The required output is the line containing "Memory → Type 0)" followed by every later line through the end of the data, all reproduced exactly.
══ DATASET RECORDS
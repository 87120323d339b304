-- ===== src/Host/Serving.antt =====
-- nrf52/src/twim.rs: what the hardware does for each first poll, and what is concluded at the end.
use async_on_embedded.Prelude.{
  ◌||◌, false, ◌&&◌, ℕ, ◌%◌, ◌^◌, ◌<◌, ◌≡◌, refl, ap, ◌∙◌, ◌⊎◌, inl, inr, true, Option, none, some,
  List, [], ◌∷◌, ◌++◌, arith, is_some, Option-cases, ◌==◌, if◌then◌else◌,
}
use async_on_embedded.Bus.{Reply, ok, err}
use async_on_embedded.Bus.Registers.{load}
use async_on_embedded.Twim.{poll_read, poll_write, poll_write_then_read}
use async_on_embedded.Twim.Await.{AllSpurious, Change, answered, panicked, panicked}
use async_on_embedded.Twim.Staging.{Memory}
use async_on_embedded.Twim0.{Events, Error, not_started, Slice, Twim, done, failed, src}
use async_on_embedded.Host.{
  either, accumulated, source, Outcome, Wire, store, replied, last, Host, served, serve, requested,
  concluded,
}

abbrev pub forget : {A : Type 0} → Reply A → Reply (Unit {0})
forget (ok a) = ok tt
forget (err e) = err e

-- The bytes of a good reply are in the buffer.
abbrev pub Filled : Slice → Reply (List ℕ) → Memory → Type 0
Filled buf (ok bytes) mem = load buf.ptr buf.len mem ≡ bytes
Filled buf (err e) mem = Unit

-- No event of the past is left that the next transaction would see.
pub record IsClean (t : Twim) : Type 0 where
  pub error : t.events.error ≡ false
  pub stopped : t.events.stopped ≡ false
  pub rxstarted : t.events.rxstarted ≡ false
  pub txstarted : t.events.txstarted ≡ false

-- What the interrupts come to from clean registers: the last one is for what it would be alone.
pub record Sees (e₀ : Events) (noise : List Change) (end : Change) : Type 0 where
  pub early : List Change
  pub events : Events
  pub changes :
      accumulated e₀ (noise ++ (end ∷ [])) ≡ early ++ (record end { events = events } ∷ [])
  pub early-AllSpurious : AllSpurious early
  pub error : events.error ≡ end.events.error
  pub stopped : events.stopped ≡ end.events.stopped

pub accumulated-Sees :
    (e₀ : Events) (noise : List Change) (end : Change)
    → e₀.error ≡ false
    → e₀.stopped ≡ false
    → AllSpurious noise
    → Sees e₀ noise end
unfolding accumulated
accumulated-Sees e₀ [] end good going q = record {
  early = [];
  events = either e₀ end.events;
  changes = refl;
  early-AllSpurious = tt;
  error = rw good;
  stopped = rw going;
}
accumulated-Sees e₀ (c ∷ noise) end good going q =
    let e₁ = either e₀ c.events in
    let good' : e₁.error ≡ false = rw (good, q.0.0) in
    let going' : e₁.stopped ≡ false = rw (going, q.0.1) in
    let s = accumulated-Sees e₁ noise end good' going' q.1 in
    record {
      early = record c { events = e₁ } ∷ s.early;
      events = s.events;
      changes = ap (λ cs. record c { events = e₁ } ∷ cs) s.changes;
      early-AllSpurious = ((good', going'), s.early-AllSpurious);
      error = s.error;
      stopped = s.stopped;
    }

module _ (W : Wire) where
  open W use {Device}

  pub last-ends :
      (r : Outcome Device) → ((last r).events.error ≡ true) ⊎ ((last r).events.stopped ≡ true)
  last-ends r = elim (Option-cases r.error) [ inl e ↦ inr (rw e) | inr (x, e) ↦ inl (rw e) ]

  abbrev pub host : Twim → Memory → Device → Host W
  host t mem d = record { twim = t; mem = mem; device = d }

  -- What is concluded from the last interrupt is what the bus replies.
  pub concluded_last :
      {A : Type 0} (error : Option ℕ) (len amount : ℕ) (short : ℕ → Error) (t : Twim) (mem : Memory)
      (d : Device) (x : A)
      → (error ≡ none → amount % 256 ≡ len % 256)
      → concluded W
          (answered
            (if is_some error
              then failed (src (source error % 256))
              else if amount % 256 == len % 256
              then done
              else failed (short (amount % 256)))
            t)
          mem
          d
        ≡ some (forget (replied error x), host t mem d)
  unfolding concluded
  concluded_last none len amount short t mem d x h =
      let all : (amount % 256 == len % 256) ≡ true = ground (arith, h refl) in rw all
  concluded_last (some e) len amount short t mem d x h = refl

  pub concluded_both :
      {A : Type 0} (error : Option ℕ) (wr_len rd_len sent received : ℕ) (t : Twim) (mem : Memory)
      (d : Device) (x : A)
      → (error ≡ none → (received % 256 ≡ rd_len % 256) × (sent % 256 ≡ wr_len % 256))
      → concluded W
          (if is_some error
            then answered (failed (src (source error % 256))) t
            else if received % 256 == rd_len % 256 && sent % 256 == wr_len % 256
            then answered done t
            else panicked)
          mem
          d
        ≡ some (forget (replied error x), host t mem d)
  unfolding concluded
  concluded_both none wr_len rd_len sent received t mem d x h =
      let all : (received % 256 == rd_len % 256 && sent % 256 == wr_len % 256) ≡ true =
        ground (arith, h refl) in
      rw all
  concluded_both (some e) wr_len rd_len sent received t mem d x h = refl

  -- what the hardware has done, given where the bytes received go
  abbrev pub went : Events → ℕ → Memory → Outcome Device → List Change × Memory × Device
  went e ptr mem r = (accumulated e (r.noise ++ (last r ∷ [])), store ptr r.received mem, r.device)

  idle : (t : Twim) → IsClean t → (t.events.rxstarted || t.events.txstarted) ≡ false
  idle t k = rw (k.rxstarted, k.txstarted)

  pub serve-read :
      (waker address : ℕ) (buf : Slice) (t : Twim) (mem : Memory) (d : Device)
      → IsClean t
      → buf.len < 256
      → let r = W.transfer address [] buf.len d in
        serve W (poll_read waker address buf not_started t) mem d ≡ went t.events buf.ptr mem r
  unfolding serve poll_read requested served
  serve-read waker address buf t mem d k l =
      let whole : buf.len % 2 ^ 16 ≡ buf.len = omega arith in
      rw (idle t k) (ap (λ n. went t.events buf.ptr mem (W.transfer address [] n d)) whole)

  pub serve-write :
      (waker address : ℕ) (bytes : Slice) (t : Twim) (mem : Memory) (d : Device)
      → IsClean t
      → bytes.len < 256
      → let r = W.transfer address (load bytes.ptr bytes.len mem) 0 d in
        (after : Memory) × (serve W (poll_write waker address bytes not_started t) mem d
          ≡ (accumulated t.events (r.noise ++ (last r ∷ [])), after, r.device))
  unfolding serve poll_write requested served
  serve-write waker address bytes t mem d k l =
      let whole : bytes.len % 2 ^ 16 ≡ bytes.len = omega arith in
      let first = W.transfer address (load bytes.ptr (bytes.len % 2 ^ 16) mem) 0 d in
      let after = store t.rxd.ptr first.received mem in
      (
        after,
        rw (idle t k) (
            ap
              (λ n.
                let r = W.transfer address (load bytes.ptr n mem) 0 d in
                (accumulated t.events (r.noise ++ (last r ∷ [])), after, r.device))
              whole),
      )

  pub serve-write_then_read :
      (waker address : ℕ) (wr_buf rd_buf : Slice) (t : Twim) (mem : Memory) (d : Device)
      → IsClean t
      → wr_buf.len < 256
      → rd_buf.len < 256
      → let r = W.transfer address (load wr_buf.ptr wr_buf.len mem) rd_buf.len d in
        serve W (poll_write_then_read waker address wr_buf rd_buf not_started t) mem d
        ≡ went t.events rd_buf.ptr mem r
  unfolding serve poll_write_then_read requested served
  serve-write_then_read waker address wr_buf rd_buf t mem d k lw lr =
      let whole : wr_buf.len % 2 ^ 16 ≡ wr_buf.len = omega arith in
      let whole' : rd_buf.len % 2 ^ 16 ≡ rd_buf.len = omega arith in
      rw (idle t k) (
        ap
          (λ n.
            went t.events rd_buf.ptr mem
              (W.transfer address (load wr_buf.ptr n mem) (rd_buf.len % 2 ^ 16) d))
          whole
        ∙ ap
            (λ n.
              went t.events rd_buf.ptr mem
                (W.transfer address (load wr_buf.ptr wr_buf.len mem) n d))
            whole')

  -- What a method of the host does is what the bus does: the reply is the same, the device goes the
  -- same way, and the memory is as a good reply wants it.
  abbrev pub Does :
      {A : Type 0}
      → Option (Reply (Unit {0}) × Host W)
      → Reply A × Device
      → (Reply A → Memory → Type 0)
      → Type 0
  Does got (r, d) Good =
      (t : Twim) × (mem : Memory) × (got ≡ some (forget r, host t mem d)) × Good r mem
════
*EXERCISE RESPONSE:*
      → (Reply A → Memory → Type 0)
      → Type 0
  Does got (r, d) Good =
      (t : Twim) × (mem : Memory) × (got ≡ some (forget r, host t mem d)) × Good r mem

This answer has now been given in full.